--- Assignment ---
Reproduce each entry below exactly as it appears.

--- Data records ---
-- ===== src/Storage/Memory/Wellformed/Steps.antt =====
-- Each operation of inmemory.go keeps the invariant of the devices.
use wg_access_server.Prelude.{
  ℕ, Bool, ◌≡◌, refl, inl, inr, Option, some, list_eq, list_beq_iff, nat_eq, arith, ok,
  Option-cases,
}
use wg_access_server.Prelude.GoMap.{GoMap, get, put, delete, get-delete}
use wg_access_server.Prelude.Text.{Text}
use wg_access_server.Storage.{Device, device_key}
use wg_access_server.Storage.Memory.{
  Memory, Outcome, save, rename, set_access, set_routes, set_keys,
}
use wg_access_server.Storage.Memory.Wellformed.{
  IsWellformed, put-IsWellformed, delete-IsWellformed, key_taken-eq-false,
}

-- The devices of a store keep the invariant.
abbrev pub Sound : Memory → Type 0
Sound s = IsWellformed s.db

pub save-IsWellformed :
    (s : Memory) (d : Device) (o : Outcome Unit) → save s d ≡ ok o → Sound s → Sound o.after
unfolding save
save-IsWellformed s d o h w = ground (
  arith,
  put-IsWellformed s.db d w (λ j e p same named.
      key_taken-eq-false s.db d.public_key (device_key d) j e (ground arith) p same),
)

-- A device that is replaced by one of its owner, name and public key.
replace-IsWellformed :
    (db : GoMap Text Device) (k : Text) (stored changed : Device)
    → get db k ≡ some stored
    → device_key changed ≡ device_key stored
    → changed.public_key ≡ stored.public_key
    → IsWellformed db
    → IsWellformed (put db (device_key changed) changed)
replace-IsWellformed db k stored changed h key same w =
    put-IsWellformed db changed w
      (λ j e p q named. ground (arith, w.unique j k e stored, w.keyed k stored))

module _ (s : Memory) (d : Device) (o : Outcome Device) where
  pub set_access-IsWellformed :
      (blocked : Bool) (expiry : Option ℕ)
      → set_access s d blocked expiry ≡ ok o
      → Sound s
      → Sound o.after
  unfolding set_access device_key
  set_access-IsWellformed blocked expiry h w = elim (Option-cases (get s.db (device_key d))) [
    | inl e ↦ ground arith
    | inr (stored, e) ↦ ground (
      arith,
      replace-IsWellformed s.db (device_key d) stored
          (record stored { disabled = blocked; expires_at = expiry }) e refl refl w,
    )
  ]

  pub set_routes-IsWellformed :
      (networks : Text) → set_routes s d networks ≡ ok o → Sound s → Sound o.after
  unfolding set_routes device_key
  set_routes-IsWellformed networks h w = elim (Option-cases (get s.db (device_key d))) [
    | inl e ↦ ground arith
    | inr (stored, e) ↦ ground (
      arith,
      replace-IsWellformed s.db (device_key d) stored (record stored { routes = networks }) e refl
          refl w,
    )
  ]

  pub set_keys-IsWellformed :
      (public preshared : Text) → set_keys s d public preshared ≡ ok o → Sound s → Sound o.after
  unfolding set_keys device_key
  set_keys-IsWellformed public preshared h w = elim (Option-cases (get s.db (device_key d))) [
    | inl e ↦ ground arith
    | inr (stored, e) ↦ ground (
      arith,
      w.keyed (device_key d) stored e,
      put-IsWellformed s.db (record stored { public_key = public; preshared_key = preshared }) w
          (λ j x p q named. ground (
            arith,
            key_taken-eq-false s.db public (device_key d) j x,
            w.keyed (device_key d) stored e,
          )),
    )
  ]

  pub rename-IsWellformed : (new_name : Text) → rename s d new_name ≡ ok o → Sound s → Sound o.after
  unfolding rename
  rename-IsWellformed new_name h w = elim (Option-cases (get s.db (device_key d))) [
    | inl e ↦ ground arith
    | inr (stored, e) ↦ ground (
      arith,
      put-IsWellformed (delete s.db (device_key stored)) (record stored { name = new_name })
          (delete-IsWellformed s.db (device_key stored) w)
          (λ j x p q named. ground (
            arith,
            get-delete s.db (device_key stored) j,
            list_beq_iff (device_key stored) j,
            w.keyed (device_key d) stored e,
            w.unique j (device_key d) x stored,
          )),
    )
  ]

--- Solution to this problem ---
-- ===== src/Storage/Memory/Wellformed/Steps.antt =====
-- Each operation of inmemory.go keeps the invariant of the devices.
use wg_access_server.Prelude.{
  ℕ, Bool, ◌≡◌, refl, inl, inr, Option, some, list_eq, list_beq_iff, nat_eq, arith, ok,
  Option-cases,
}
use wg_access_server.Prelude.GoMap.{GoMap, get, put, delete, get-delete}
use wg_access_server.Prelude.Text.{Text}
use wg_access_server.Storage.{Device, device_key}
use wg_access_server.Storage.Memory.{
  Memory, Outcome, save, rename, set_access, set_routes, set_keys,
}
use wg_access_server.Storage.Memory.Wellformed.{
  IsWellformed, put-IsWellformed, delete-IsWellformed, key_taken-eq-false,
}

-- The devices of a store keep the invariant.
abbrev pub Sound : Memory → Type 0
Sound s = IsWellformed s.db

pub save-IsWellformed :
    (s : Memory) (d : Device) (o : Outcome Unit) → save s d ≡ ok o → Sound s → Sound o.after
unfolding save
save-IsWellformed s d o h w = ground (
  arith,
  put-IsWellformed s.db d w (λ j e p same named.
      key_taken-eq-false s.db d.public_key (device_key d) j e (ground arith) p same),
)

-- A device that is replaced by one of its owner, name and public key.
replace-IsWellformed :
    (db : GoMap Text Device) (k : Text) (stored changed : Device)
    → get db k ≡ some stored
    → device_key changed ≡ device_key stored
    → changed.public_key ≡ stored.public_key
    → IsWellformed db
    → IsWellformed (put db (device_key changed) changed)
replace-IsWellformed db k stored changed h key same w =
    put-IsWellformed db changed w
      (λ j e p q named. ground (arith, w.unique j k e stored, w.keyed k stored))

module _ (s : Memory) (d : Device) (o : Outcome Device) where
  pub set_access-IsWellformed :
      (blocked : Bool) (expiry : Option ℕ)
      → set_access s d blocked expiry ≡ ok o
      → Sound s
      → Sound o.after
  unfolding set_access device_key
  set_access-IsWellformed blocked expiry h w = elim (Option-cases (get s.db (device_key d))) [
    | inl e ↦ ground arith
    | inr (stored, e) ↦ ground (
      arith,
      replace-IsWellformed s.db (device_key d) stored
          (record stored { disabled = blocked; expires_at = expiry }) e refl refl w,
    )
  ]

  pub set_routes-IsWellformed :
      (networks : Text) → set_routes s d networks ≡ ok o → Sound s → Sound o.after
  unfolding set_routes device_key
  set_routes-IsWellformed networks h w = elim (Option-cases (get s.db (device_key d))) [
    | inl e ↦ ground arith
    | inr (stored, e) ↦ ground (
      arith,
      replace-IsWellformed s.db (device_key d) stored (record stored { routes = networks }) e refl
          refl w,
    )
  ]

  pub set_keys-IsWellformed :
      (public preshared : Text) → set_keys s d public preshared ≡ ok o → Sound s → Sound o.after
  unfolding set_keys device_key
  set_keys-IsWellformed public preshared h w = elim (Option-cases (get s.db (device_key d))) [
    | inl e ↦ ground arith
    | inr (stored, e) ↦ ground (
      arith,
      w.keyed (device_key d) stored e,
      put-IsWellformed s.db (record stored { public_key = public; preshared_key = preshared }) w
          (λ j x p q named. ground (
            arith,
            key_taken-eq-false s.db public (device_key d) j x,
            w.keyed (device_key d) stored e,
          )),
    )
  ]

  pub rename-IsWellformed : (new_name : Text) → rename s d new_name ≡ ok o → Sound s → Sound o.after
  unfolding rename
  rename-IsWellformed new_name h w = elim (Option-cases (get s.db (device_key d))) [
    | inl e ↦ ground arith
    | inr (stored, e) ↦ ground (
      arith,
      put-IsWellformed (delete s.db (device_key stored)) (record stored { name = new_name })
          (delete-IsWellformed s.db (device_key stored) w)
          (λ j x p q named. ground (
            arith,
            get-delete s.db (device_key stored) j,
            list_beq_iff (device_key stored) j,
            w.keyed (device_key d) stored e,
            w.unique j (device_key d) x stored,
          )),
    )
  ]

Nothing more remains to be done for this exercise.